2. Die Klageabweisung erweist sich im Ergebnis gleichwohl als zutreffend. Das FA hat es zu Recht abgelehnt, die Veranlagung 1982 durchzuführen, weil die Festsetzungsfrist hierfür bereits abgelaufen war (§ 169 Abs. 2 Satz 1 Nr. 2 AO 1977) und die von dem Kläger beantragte Wiedereinsetzung in den vorigen Stand nicht in Betracht kam.

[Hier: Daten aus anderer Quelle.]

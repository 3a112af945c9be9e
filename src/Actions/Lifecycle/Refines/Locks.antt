-- ===== src/Actions/Lifecycle/Refines/Locks.antt =====
-- The locked pair, and the two ways in which a commit ends.
use queryops_ai.Prelude.{
  ℕ, String, Bool, true, false, not, ◌&&◌, Option, none, some, List, [], ◌∷◌, ◌≡◌, refl, ap, ◌∙◌,
  ◌⊎◌, inl, inr, arith, Option-cases,
}
use queryops_ai.Prelude.Uuid.{Uuid}
use queryops_ai.Actions.Rows.{
  ActionRequest, ApprovalRequest, ActionStatus, ApprovalStatus, Tables, is_pending_approval,
  is_pending,
}
use queryops_ai.Actions.Session.{commit, rollback}
use queryops_ai.Actions.Lifecycle.Base.{
  returned, raised, internal_error, passed, ahead, links_to, locked_pair, pair_of, commit_or_fail,
  require_pending, is_expired,
}
use queryops_ai.Actions.Lifecycle.Steps.{IsKeyed, IsPair, IsPendingPair, Step, Moves}

pub ahead-passed : (deadline : Option ℕ) (now : ℕ) → ahead deadline now ≡ not (passed deadline now)
ahead-passed none now = refl
ahead-passed (some t) now = refl

module _ {D : Type 0} {A : Type 0} (message : String) (value : A) (t w : Tables D) where
  -- A commit shows the work, or the rollback after it shows what was there.
  pub commit_or_fail_cases :
      (commits : List Bool)
      → let (o, s) =
          commit_or_fail message value (record { saved = t; working = w; commits = commits }) in
        ((o ≡ returned value) × (s.saved ≡ w))
        ⊎ ((o ≡ raised (internal_error message)) × (s.saved ≡ t))
  unfolding commit_or_fail commit rollback
  commit_or_fail_cases [] = inl (refl, refl)
  commit_or_fail_cases (true ∷ rest) = inl (refl, refl)
  commit_or_fail_cases (false ∷ rest) = inr (refl, refl)

  pub commit_or_fail-Moves :
      (commits : List Bool)
      → Step t w
      → Moves t
          (commit_or_fail message value (record { saved = t; working = w; commits = commits })).1
  unfolding commit_or_fail commit rollback
  commit_or_fail-Moves [] step = inr (w, step, refl)
  commit_or_fail-Moves (true ∷ rest) step = inr (w, step, refl)
  commit_or_fail-Moves (false ∷ rest) step = inl refl

module _ {D : Type 0} (t : Tables D) where
  pair_of_sound :
      (id : Uuid) (link : Option Uuid) {a : ActionRequest} {p : ApprovalRequest}
      → pair_of t id link ≡ some (a, p)
      → (i : Uuid) × (link ≡ some i)
        × (t.actions i ≡ some a)
        × (t.approvals id ≡ some p)
        × (links_to p.action_request_id a.id ≡ true)
  pair_of_sound id none h = cc
  pair_of_sound id (some i) h = (i, refl, ground arith, ground arith, ground arith)

  -- The locked approval is the one with the given id.
  pub locked_pair-approval :
      (id : Uuid) {a : ActionRequest} {p : ApprovalRequest}
      → locked_pair t id ≡ some (a, p)
      → t.approvals id ≡ some p
  unfolding locked_pair
  locked_pair-approval id {a} {p} h = elim (Option-cases (t.approvals id)) [
    | inl absent ↦ ground (arith, absent)
    | inr (q, there) ↦
        let h' : pair_of t id q.action_request_id ≡ some (a, p) = ground arith in
        let (_, _, _, found_p, _) = pair_of_sound id q.action_request_id h' in found_p
  ]

module _ {D : Type 0} (t : Tables D) (keyed : IsKeyed t) where
  -- The pair that is locked is the approval of the given id and the action that it names.
  pub locked_pair-IsPair :
      (id : Uuid) {a : ActionRequest} {p : ApprovalRequest}
      → locked_pair t id ≡ some (a, p)
      → IsPair t a p
  unfolding locked_pair
  locked_pair-IsPair id {a} {p} h = elim (Option-cases (t.approvals id)) [
    | inl absent ↦ ground (arith, absent)
    | inr (q, there) ↦
        let h' : pair_of t id q.action_request_id ≡ some (a, p) = ground arith in
        let (i, named, found_a, found_p, linked) = pair_of_sound t id q.action_request_id h' in
        record {
          found_action = ap t.actions (keyed.actions i a found_a) ∙ found_a;
          found_approval = ap t.approvals (keyed.approvals id p found_p) ∙ found_p;
          linked = linked;
        }
  ]

-- Both rows are still to be decided.
abbrev pub both_pending : ActionRequest → ApprovalRequest → Bool
both_pending a p = is_pending_approval a.status && is_pending p.status

pending_approval_only :
    (s : ActionStatus) → is_pending_approval s ≡ true → s ≡ ActionStatus.pending_approval
pending_approval_only s h = ground arith

pub pending_only : (s : ApprovalStatus) → is_pending s ≡ true → s ≡ ApprovalStatus.pending
pending_only s h = ground arith

pub IsPendingPair-of_both_pending :
    {D : Type 0} {t : Tables D} {a : ActionRequest} {p : ApprovalRequest}
    → IsPair t a p
    → both_pending a p ≡ true
    → IsPendingPair t a p
IsPendingPair-of_both_pending {a} {p} pair h = record {
  pair = pair;
  action_pending = pending_approval_only a.status (ground arith);
  approval_pending = pending_only p.status (ground arith);
}

-- What passes `_require_pending` is pending and has time left.
pub require_pending-none :
    (a : ActionRequest) (p : ApprovalRequest) (now : ℕ)
    → require_pending a p now ≡ none
    → (both_pending a p ≡ true) × (is_expired a p now ≡ false)
unfolding require_pending
require_pending-none a p now h = (ground arith, ground arith)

Im Besteuerungsverfahren ist gemäß § 110 Abs. 1 AO 1977 auf Antrag Wiedereinsetzung in den vorigen Stand zu gewähren, wenn jemand ohne Verschulden verhindert war, eine gesetzliche Frist einzuhalten. Unter § 110 AO 1977 fallen nur -- verfahrensrechtliche und materielle -- Fristen, die "einzuhalten" sind, d. h. solche, die dem Steuerpflichtigen ein Verhalten innerhalb eines bestimmten Zeitraums gegenüber der Finanzverwaltung gebieten (Handlungs- oder Erklärungsfristen). Von der Vorschrift nicht erfaßt werden dagegen die von den Finanzbehörden als Verfahrensträgern im Verwaltungsverfahren zu beachtenden gesetzlichen Fristen. Diese können nicht von dem Steuerpflichtigen eingehalten und daher auch nicht ohne Verschulden versäumt werden. Die Festsetzungsfrist ist somit keine wiedereinsetzungsfähige Frist (vgl. Kuczyn ski in Beermann, Steuerliches Verfahrensrecht, § 110 AO 1977 Rz. 7; Söhn in Hübschmann/Hepp/Spitaler, Kommentar zur Abgabenordnung und Finanzgerichtsordnung, 10. Aufl., § 110 AO 1977 Rz. 6 a; Kühn/Hofmann, Abgabenordnung, 17. Aufl., § 110 Anm. 2; im Ergebnis ebenso Tipke/Kruse, a.a.O., § 110 AO 1977 Tz. 2; a. A. Tipke/Kruse, a.a.O., § 171 AO 1977 Tz. 5; Schwarz, Abgabenordnung, § 110 Anm. 2).
3. Obwohl das FG die Klage mit einem Prozeßurteil als unzulässig abgewiesen und deshalb nicht zur Frage einer Veranlagung trotz Ablaufs der Festsetzungsfrist aufgrund Wiedereinsetzung in den vorigen Stand Stellung genommen hat, ist die Sache nicht an das FG zurückzuverweisen. Vielmehr kann der Senat gemäß § 126 Abs. 4 FGO die Vorentscheidung aus sachlichen Gründen (wegen Unbegründetheit) bestätigen, da der von der Vorinstanz angenommene prozessuale Mangel nicht besteht und die Klage aus keinem rechtlichen Gesichtspunkt Erfolg haben kann (BFH-Urteil vom 28. November 1972 VIII R 142/70, BFHE 108, 275, BStBl II 1973, 497; Hübsch mann/Hepp/Spitaler, a.a.O., § 126 FGO Rz. 11; vgl. auch Bundesgerichtshof, Urteil vom 14. März 1978 VI ZR 68/76, Wertpapier-Mitteilungen 1978, 935; Kopp, Verwaltungsgerichtsordnung, 10. Aufl., § 144 Rz. 4).